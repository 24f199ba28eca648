-- ===== src/Tests/Registered.antt =====
-- RegisterConsumer on a Redis with one stream.
use substrate_rpc_proxy.Dto.{StoredMessage}
use substrate_rpc_proxy.Prelude.{
  ◌≡◌, ◌≤◌, ◌+◌, refl, ap, ◌∙◌, String, Bool, true, false, List, [], ◌∷◌, ◌++◌, arith, Option, none,
  some,
}
use substrate_rpc_proxy.Programs.Follow.{
  Follower, holding, returned, Happening, reads, dispatches, starts, returns, run, begin,
}
use substrate_rpc_proxy.Programs.Follow.Messages.{messages}
use substrate_rpc_proxy.Programs.Follow.Dispatched.{held, IsLive, Waits, run-messages}
use substrate_rpc_proxy.Programs.Follow.Limit.{IsPrompt, run-in_progress}
use substrate_rpc_proxy.Programs.Follow.Tasks.{running_count, spawned_count}
use substrate_rpc_proxy.Storage.{Entry, Reply, reply, Redis, register_consumer}
use substrate_rpc_proxy.Storage as Storage
use substrate_rpc_proxy.Storage.Registration.{
  Groups, names, consumers_of, with_consumer, or_empty, registered, Answers,
  register_consumer-registered,
}
use substrate_rpc_proxy.Storage.Queue.{Delivers, Encodes}
use substrate_rpc_proxy.Tests.Follow.{message}

-- A Redis whose state is the groups of its one stream.
abbrev names_in : Option Groups → List String
names_in none = []
names_in (some gs) = names gs

abbrev exists : Option Groups → Bool
exists none = false
exists (some gs) = true

abbrev or_no_group : Option (List String) → Reply (List String)
or_no_group none = Storage.failed "NOGROUP"
or_no_group (some cs) = reply cs

abbrev consumers_in : String → Option Groups → Reply (List String)
consumers_in group w = or_no_group (consumers_of group (or_empty w))

abbrev redis : Redis
redis = record {
  World = Option Groups;
  x_add = λ s n approx b w. (reply tt, w);
  x_info_stream = λ s w. (exists w, w);
  x_info_groups = λ s w. (reply (names_in w), w);
  x_info_consumers = λ s g w. (consumers_in g w, w);
  x_group_create_mkstream = λ s g from w. (reply tt, some ((g, []) ∷ or_empty w));
  x_group_create_consumer = λ s g c w. (reply tt, some (with_consumer g c (or_empty w)));
  x_pending = λ s g w. (some 0, w);
  x_pending_ext = λ s g idle n c w. (reply [], w);
  x_range = λ s a b w. ([], w);
  x_read_group = λ s g c n no_ack w. (reply [], w);
  x_ack = λ s g id w. (reply tt, w);
}

answers : Answers redis "extrinsics"
answers = record {
  groups = λ w. w;
  info_missing = λ w e. ap (λ o. (exists o, w)) e;
  info_stream = λ gs w e. ap (λ o. (exists o, w)) e;
  info_groups = λ gs w e. ap (λ o. (reply (names_in o), w)) e;
  info_consumers =
      λ g gs cs w e f. ap (λ o. (consumers_in g o, w)) e ∙ ap (λ o. (or_no_group o, w)) f;
  create = λ g w f. (some ((g, []) ∷ or_empty w), refl, refl);
  create_consumer = λ g c gs cs w e f h. (
    some (with_consumer g c (or_empty w)),
    refl,
    ap (λ o. some (with_consumer g c (or_empty o))) e,
  );
}

abbrev pub marshal : StoredMessage → Reply String
marshal m = reply "{}"

abbrev unmarshal : String → StoredMessage × Option String
unmarshal s = (message 1, none)

register_consumer-registered_example :
    (w' : Option Groups) × (register_consumer redis marshal unmarshal "extrinsics" "workers" "a"
        (some (("workers", []) ∷ []))
      ≡ (reply tt, w'))
    × (w' ≡ some (registered "workers" "a" (("workers", []) ∷ [])))
unfolding answers
register_consumer-registered_example =
    register_consumer-registered redis marshal unmarshal "extrinsics" answers "workers" "a"
      (some (("workers", []) ∷ []))

-- A Redis whose state is the queue of texts, and two messages.
abbrev oldest : List String → Reply (List (List Entry))
oldest [] = Storage.failed "redis: nil"
oldest (b ∷ bs) = reply ((record { id = "1-0"; message = some b } ∷ []) ∷ [])

abbrev behind : List String → List String
behind [] = []
behind (b ∷ bs) = bs

abbrev pub queue_redis : Redis
queue_redis = record {
  World = List String;
  x_add = λ s n approx b w. (reply tt, w ++ b ∷ []);
  x_info_stream = λ s w. (true, w);
  x_info_groups = λ s w. (reply [], w);
  x_info_consumers = λ s g w. (reply [], w);
  x_group_create_mkstream = λ s g from w. (reply tt, w);
  x_group_create_consumer = λ s g c w. (reply tt, w);
  x_pending = λ s g w. (some 0, w);
  x_pending_ext = λ s g idle n c w. (reply [], w);
  x_range = λ s a b w. ([], w);
  x_read_group = λ s g c n no_ack w. (oldest w, behind w);
  x_ack = λ s g id w. (reply tt, w);
}

unfoldable pub delivers : Delivers queue_redis "extrinsics" "workers"
delivers = record {
  queue = λ w. w;
  added = λ b w room. (w ++ b ∷ [], refl, refl);
  read = λ c b rest w e. ("1-0", behind w, ap (λ q. (oldest q, behind w)) e, ap behind e);
}

abbrev two_messages : List StoredMessage
two_messages = message 1 ∷ message 1 ∷ []

pub waits : Waits delivers
unfolding delivers
waits = record {
  idle = λ c w e. ("redis: nil", behind w, ap (λ q. (oldest q, behind w)) e, ap behind e);
  acked = λ id w. refl;
}

-- Both messages are read, and the first is followed to its end.
abbrev happenings : List Happening
happenings = reads ∷ dispatches ∷ starts 0 ∷ reads ∷ returns 0 ∷ []

abbrev afterwards : Follower (List String)
afterwards = record {
  world = [];
  loop = holding "1-0" (some (message 1));
  tasks = record { id = "1-0"; message = message 1; stage = returned } ∷ [];
  in_progress = 0;
}

happened :
    run queue_redis marshal unmarshal "extrinsics" "workers" "a" happenings
      (begin ("{}" ∷ "{}" ∷ []))
    ≡ some afterwards
unfolding run
happened = refl

run-messages_example :
    (ms : List StoredMessage) × Encodes queue_redis marshal unmarshal "extrinsics" "workers" "a" ms
      []
    × (messages afterwards.tasks ++ (held afterwards.loop ++ ms) ≡ two_messages)
    × IsLive afterwards.loop
unfolding delivers
run-messages_example =
    run-messages queue_redis marshal unmarshal "extrinsics" "workers" "a" delivers waits
      two_messages happenings ("{}" ∷ "{}" ∷ []) afterwards ((refl, refl), ((refl, refl), tt))
      happened

prompt :
    IsPrompt queue_redis marshal unmarshal "extrinsics" "workers" "a" 0 happenings
      (begin ("{}" ∷ "{}" ∷ []))
unfolding IsPrompt spawned_count
prompt = (tt, (omega arith, (tt, (tt, (tt, tt)))))

run-in_progress_example :
    (afterwards.in_progress ≡ running_count afterwards.tasks)
    × (afterwards.in_progress + spawned_count afterwards.tasks ≤ 1001 + 0)
run-in_progress_example =
    run-in_progress queue_redis marshal unmarshal "extrinsics" "workers" "a" 0 happenings
      ("{}" ∷ "{}" ∷ []) afterwards prompt happened
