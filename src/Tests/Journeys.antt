-- ===== src/Tests/Journeys.antt =====
-- A submission from the proxy's client to a goroutine of the consumer program.
use mathlib.Core.List.{Permᴰ}
use mathlib.Core.List.Permᴰ as Orders
use mathlib.Core.Path.{subst}
use substrate_rpc_proxy.Middleware.Deny.{equal_fold}
use substrate_rpc_proxy.Dto.{StoredMessage, RpcFrame}
use substrate_rpc_proxy.Prelude.{
  ℕ, ◌≡◌, ◌++◌, refl, eq_iff, String, List, [], ◌∷◌, Option, none, some, false, arith,
}
use substrate_rpc_proxy.Programs.Follow.{
  Follower, holding, returned, Happening, reads, dispatches, starts, returns, run, begin,
}
use substrate_rpc_proxy.Programs.Follow.Messages.{messages}
use substrate_rpc_proxy.Programs.Follow.Dispatched.{held}
use substrate_rpc_proxy.Programs.Journey.{oldest_first, route_all, accepted, frames, journey}
use substrate_rpc_proxy.Rpc.Client.Connections.{get_or_create_connection, store, connection_name}
use substrate_rpc_proxy.Storage.Queue.{Encodes, log_all}
use substrate_rpc_proxy.Substrate.Inspector.{Inspector, new_inspector}
use substrate_rpc_proxy.Tests.Extension.{scale, names}
use substrate_rpc_proxy.Tests.Recorded.{flaky, session_at, submit, data_of, settings, wanted}
use substrate_rpc_proxy.Tests.Registered.{queue_redis, marshal, delivers, waits}

-- Two requests within the five seconds of one header.
abbrev requests : List (ℕ × RpcFrame)
requests = (100, submit) ∷ (101, submit) ∷ []

abbrev fresh : Inspector ℕ
fresh = new_inspector (session_at 1)

abbrev seen : StoredMessage
seen = record {
  rpc_frame = submit;
  extrinsic = record data_of { first_seen_block_no = 7 };
  contains_extrinsic = false;
}

stored_in_order :
    oldest_first (route_all settings scale flaky names [] requests fresh).stored ≡ seen ∷ seen ∷ []
unfolding route_all oldest_first store connection_name get_or_create_connection
stored_in_order = refl

forwarded : accepted settings scale flaky names [] requests ≡ submit ∷ submit ∷ []
unfolding accepted equal_fold
forwarded = refl

abbrev unmarshal : String → StoredMessage × Option String
unmarshal s = (seen, none)

-- The first message is followed to its end, and the loop holds the second.
abbrev happenings : List Happening
happenings = reads ∷ dispatches ∷ starts 0 ∷ reads ∷ returns 0 ∷ []

abbrev afterwards : Follower (List String)
afterwards = record {
  world = [];
  loop = holding "1-0" (some seen);
  tasks = record { id = "1-0"; message = seen; stage = returned } ∷ [];
  in_progress = 0;
}

happened :
    run queue_redis marshal unmarshal "extrinsics" "workers" "a" happenings
      (begin ("{}" ∷ "{}" ∷ []))
    ≡ some afterwards
unfolding run
happened = refl

logged :
    log_all queue_redis marshal unmarshal "extrinsics" "workers" "a" (seen ∷ seen ∷ []) []
    ≡ some ("{}" ∷ "{}" ∷ [])
unfolding log_all
logged = refl

journey_example :
    (ms : List StoredMessage) × Encodes queue_redis marshal unmarshal "extrinsics" "workers" "a" ms
      []
    × Permᴰ
        (accepted settings scale flaky names [] requests)
        (frames (messages afterwards.tasks ++ (held afterwards.loop ++ ms)))
unfolding delivers
journey_example =
    journey settings scale flaky names [] queue_redis marshal unmarshal "extrinsics" "workers" "a"
      delivers waits requests fresh refl refl
      (
        (wanted, (data_of, refl), λ e. cc ((eq_iff "2.0" "extensions/get-storage/1.0").1 e)),
        ((wanted, (data_of, refl), λ e. cc ((eq_iff "2.0" "extensions/get-storage/1.0").1 e)), tt),
      )
      (seen ∷ seen ∷ [])
      (subst (Permᴰ (oldest_first (route_all settings scale flaky names [] requests fresh).stored))
        stored_in_order (Orders.refl _))
      ("{}" ∷ "{}" ∷ []) [] ("{}" ∷ "{}" ∷ []) ((refl, refl), ((refl, refl), tt)) refl (omega arith)
      logged happenings afterwards happened
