-- ===== src/Tests/Provided.antt =====
-- A provider of two addresses with one host name.
use substrate_rpc_proxy.Endpoint.Check.{Lookup, resolved}
use substrate_rpc_proxy.Endpoint.Provider.{Url}
use substrate_rpc_proxy.Prelude.{ℕ, String, List, [], ◌∷◌, Option, some, str_eq, if◌then◌else◌}

abbrev secure : Url
secure = record { scheme = "wss"; hostname = "node"; port = "443"; path = "" }

abbrev plain : Url
plain = record { scheme = "http+ws"; hostname = "node"; port = "9944"; path = "" }

abbrev parse : String → Option Url
parse s = if str_eq s "wss://node:443" then some secure else some plain

abbrev addresses : List String
addresses = "wss://node:443" ∷ "node:9944" ∷ []

abbrev one_address : String → ℕ → Lookup × ℕ
one_address name w = (resolved ("10.0.0.1" ∷ []), w)
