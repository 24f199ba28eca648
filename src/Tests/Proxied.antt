-- ===== src/Tests/Proxied.antt =====
-- A proxied connection with one request.
use substrate_rpc_proxy.Dto.{RpcFrame}
use substrate_rpc_proxy.Prelude.{
  ◌≡◌, ◌↔◌, refl, ℕ_discrete, String, true, List, [], ◌∷◌, Option, none, some,
}
use substrate_rpc_proxy.Prelude.Family.{put}
use substrate_rpc_proxy.Proxy.Connection.{
  vacant, closed, RequestPayload, ProxiedConnection, Action, writes, panicked, new_connection,
  perform_all, deliver,
}
use substrate_rpc_proxy.Proxy.Connection.Race.{
  Part, stores, deletes, closes, perform_parts, find_request, any_closes, send-panicked_iff,
}
use substrate_rpc_proxy.Tests.Nodes.{reply}

abbrev parse : String → Option RpcFrame
parse s = some reply

-- A request, and while its response is handled a duplicate.
abbrev actions : List Action
actions = writes 1 "{}" true ∷ []

abbrev duplicate : List Part
duplicate = stores 1 "{}" true ∷ deletes 1 ∷ closes 0 ∷ []

abbrev running : RequestPayload
running = record { request = "{}"; ready = 0 }

abbrev closed_early : ProxiedConnection
closed_early = record new_connection {
  channels = put (put (λ c. vacant) 0 vacant) 0 (closed none);
  next = 1;
  to_upstream = "{}" ∷ [];
}

is_found : find_request parse "{}" (perform_all parse actions new_connection) ≡ some running
unfolding find_request perform_all
is_found = refl

is_duplicate :
    perform_parts duplicate (perform_all parse actions new_connection) ≡ some closed_early
unfolding perform_parts perform_all ℕ_discrete
is_duplicate = refl

send-panicked_iff_example :
    ((deliver "{}" running closed_early).0 ≡ panicked) ↔ (any_closes 0 duplicate ≡ true)
send-panicked_iff_example =
    send-panicked_iff parse actions "{}" running duplicate closed_early is_found is_duplicate

duplicate-run : any_closes 0 duplicate ≡ true
unfolding any_closes
duplicate-run = refl
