-- ===== src/Tests/Requests.antt =====
-- The middlewares on concrete requests.
use substrate_rpc_proxy.Dto.{RpcFrame}
use substrate_rpc_proxy.Middleware.Throttle.{
  Event, enter, start, overflow, Throttler, System, start_of, advance, run, new_throttler, outside,
  waiting, running, leaving, finished, served, too_many_requests, err_capacity_exceeded, done,
  leave,
}
use substrate_rpc_proxy.Middleware.Throttle.Counts.{Reached, holds_backlog}
use substrate_rpc_proxy.Middleware.Throttle.Bounds.{
  running_count, inside_count, throttle_bounds, overflow_full,
}
use substrate_rpc_proxy.Middleware.Deny.{
  deny, forward, deny_rpc_methods, denied_frame, IsListed, deny_rpc_methods_iff, equal_fold,
}
use substrate_rpc_proxy.Middleware.JsonRpc.{Codec, serve_batch, panicked}
use substrate_rpc_proxy.Middleware.JsonRpc.Batch.{serve_batch-panicked_iff}
use substrate_rpc_proxy.Middleware.Headers.{
  is_among, skip_headers, values, copy_header, copy_header-values,
}
use substrate_rpc_proxy.Prelude.{
  true, ℕ_discrete, ℕ, suc, ◌+◌, ◌≤◌, ◌<◌, ◌≡◌, ◌≢◌, ◌⊎◌, ◌↔◌, refl, String, Bool, false, List, [],
  ◌∷◌, ◌&&◌, some, arith, leb, if◌then◌else◌, str_eq, zero,
}
use substrate_rpc_proxy.Prelude.Family.{put}
use substrate_rpc_proxy.Tests.Nodes.{reply}

abbrev http_only : ℕ → Bool
http_only i = false

-- A limit of 1 and a backlog of 1: two requests are inside, one of them is served.
abbrev one_token : Throttler
one_token = record { tokens = 1; backlog_tokens = 2 }

abbrev crowd : List (ℕ × Event)
crowd = (0, enter) ∷ (1, enter) ∷ (0, start) ∷ []

abbrev crowded : System
crowded = record {
  throttler = record { tokens = 0; backlog_tokens = 0 };
  phase = put (put (put (λ i. outside) 0 waiting) 1 waiting) 0 running;
}

crowded-run : run http_only crowd (start_of one_token) ≡ some crowded
unfolding run ℕ_discrete
crowded-run = refl

created : new_throttler 1 1 ≡ some one_token
unfolding new_throttler
created = refl

crowded-Reached : Reached 1 1 3 http_only crowded
crowded-Reached = record {
  throttler = one_token;
  created = created;
  events = crowd;
  numbered = (omega arith, (omega arith, (omega arith, tt)));
  history = crowded-run;
}

throttle_bounds_example : (running_count crowded 3 ≤ 1) × (inside_count crowded 3 ≤ 1 + 1)
throttle_bounds_example = throttle_bounds 1 1 3 http_only crowded crowded-Reached

-- A third request overflows.
overflow_run :
    advance http_only 2 overflow crowded
    ≡ some (record {
      throttler = crowded.throttler;
      phase = put crowded.phase 2 (finished (too_many_requests err_capacity_exceeded));
    })
unfolding advance ℕ_discrete
overflow_run = refl

overflow_full_example : inside_count crowded 3 ≡ 1 + 1
overflow_full_example =
    overflow_full 1 1 3 http_only crowded crowded-Reached 2
      (record {
        throttler = crowded.throttler;
        phase = put crowded.phase 2 (finished (too_many_requests err_capacity_exceeded));
      })
      overflow_run

-- One request comes, is served and goes.
abbrev visit : List (ℕ × Event)
visit = (0, enter) ∷ (0, start) ∷ (0, done) ∷ (0, leave) ∷ []

abbrev visited : System
visited = record {
  throttler = one_token;
  phase =
      put (put (put (put (λ i. outside) 0 waiting) 0 running) 0 (leaving served)) 0
        (finished served);
}

visited-run : run http_only visit (start_of one_token) ≡ some visited
unfolding run ℕ_discrete
visited-run = refl

visited-Reached : Reached 1 1 1 http_only visited
visited-Reached = record {
  throttler = one_token;
  created = created;
  events = visit;
  numbered = (omega arith, (omega arith, (omega arith, (omega arith, tt))));
  history = visited-run;
}

quiet : (i : ℕ) → i < 1 → holds_backlog (visited.phase i) ≡ 0
unfolding ℕ_discrete
quiet zero h = refl
quiet (suc i) h = absurd (omega arith)

-- Folding to lower case, for the letters of ASCII.
abbrev lower : ℕ → ℕ
lower c = if leb 65 c && leb c 90 then c + 32 else c

abbrev unsafe_methods : List String
unsafe_methods = "author_removeExtrinsic" ∷ "author_rotateKeys" ∷ []

denied_run : deny_rpc_methods lower unsafe_methods "Author_RotateKeys" 4 ≡ deny (denied_frame 4)
unfolding deny_rpc_methods equal_fold
denied_run = refl

deny_rpc_methods_iff_example :
    ((deny_rpc_methods lower unsafe_methods "Author_RotateKeys" 4 ≡ deny (denied_frame 4)) ↔ (
      (◌≢◌ {A = String} "Author_RotateKeys" "")
      × IsListed lower "Author_RotateKeys" unsafe_methods
      × (◌≢◌ {A = ℕ} 4 0)))
    × ((deny_rpc_methods lower unsafe_methods "Author_RotateKeys" 4 ≡ deny (denied_frame 4))
        ⊎ (deny_rpc_methods lower unsafe_methods "Author_RotateKeys" 4 ≡ forward))
deny_rpc_methods_iff_example = deny_rpc_methods_iff lower unsafe_methods "Author_RotateKeys" 4

-- A codec of one frame, and a batch of two.
abbrev codec : Codec
codec = record {
  starts_with_bracket = λ t. str_eq t "[]";
  decode_batch = λ t. some [];
  decode_frame = λ t. some reply;
  encode_frame = λ f. "{}";
  encode_batch = λ fs. "[{},{}]";
}

abbrev two : List RpcFrame
two = reply ∷ reply ∷ []

serve_batch-panicked_iff_example : (serve_batch codec (λ f. "{}") two ≡ panicked) ↔ (two ≡ [])
serve_batch-panicked_iff_example = serve_batch-panicked_iff codec (λ f. "{}") two

-- Two cookies.
abbrev cookies : List (String × List String)
cookies = ("Cookie", "a=1" ∷ "b=2" ∷ []) ∷ []

copy_header-values_example :
    ((is_among "Cookie" skip_headers ≡ false)
      × (values "Cookie" (copy_header [] cookies) ≡ "b=2" ∷ []))
    ⊎ ((is_among "Cookie" skip_headers ≡ true)
        × (values "Cookie" (copy_header [] cookies) ≡ values "Cookie" []))
copy_header-values_example = copy_header-values [] [] [] "Cookie" ("a=1" ∷ []) "b=2" tt tt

__________________________________________________

__What to produce__
All lines above from the one with "unfolding perform_parts perform_all" to the one with "crowd = (0, enter)", inclusive, should be copied exactly, and no other lines.

__Task solution__
unfolding perform_parts perform_all ℕ_discrete
is_duplicate = refl

send-panicked_iff_example :
    ((deliver "{}" running closed_early).0 ≡ panicked) ↔ (any_closes 0 duplicate ≡ true)
send-panicked_iff_example =
    send-panicked_iff parse actions "{}" running duplicate closed_early is_found is_duplicate

duplicate-run : any_closes 0 duplicate ≡ true
unfolding any_closes
duplicate-run = refl
-- ===== src/Tests/Requests.antt =====
-- The middlewares on concrete requests.
use substrate_rpc_proxy.Dto.{RpcFrame}
use substrate_rpc_proxy.Middleware.Throttle.{
  Event, enter, start, overflow, Throttler, System, start_of, advance, run, new_throttler, outside,
  waiting, running, leaving, finished, served, too_many_requests, err_capacity_exceeded, done,
  leave,
}
use substrate_rpc_proxy.Middleware.Throttle.Counts.{Reached, holds_backlog}
use substrate_rpc_proxy.Middleware.Throttle.Bounds.{
  running_count, inside_count, throttle_bounds, overflow_full,
}
use substrate_rpc_proxy.Middleware.Deny.{
  deny, forward, deny_rpc_methods, denied_frame, IsListed, deny_rpc_methods_iff, equal_fold,
}
use substrate_rpc_proxy.Middleware.JsonRpc.{Codec, serve_batch, panicked}
use substrate_rpc_proxy.Middleware.JsonRpc.Batch.{serve_batch-panicked_iff}
use substrate_rpc_proxy.Middleware.Headers.{
  is_among, skip_headers, values, copy_header, copy_header-values,
}
use substrate_rpc_proxy.Prelude.{
  true, ℕ_discrete, ℕ, suc, ◌+◌, ◌≤◌, ◌<◌, ◌≡◌, ◌≢◌, ◌⊎◌, ◌↔◌, refl, String, Bool, false, List, [],
  ◌∷◌, ◌&&◌, some, arith, leb, if◌then◌else◌, str_eq, zero,
}
use substrate_rpc_proxy.Prelude.Family.{put}
use substrate_rpc_proxy.Tests.Nodes.{reply}

abbrev http_only : ℕ → Bool
http_only i = false

-- A limit of 1 and a backlog of 1: two requests are inside, one of them is served.
abbrev one_token : Throttler
one_token = record { tokens = 1; backlog_tokens = 2 }

abbrev crowd : List (ℕ × Event)
crowd = (0, enter) ∷ (1, enter) ∷ (0, start) ∷ []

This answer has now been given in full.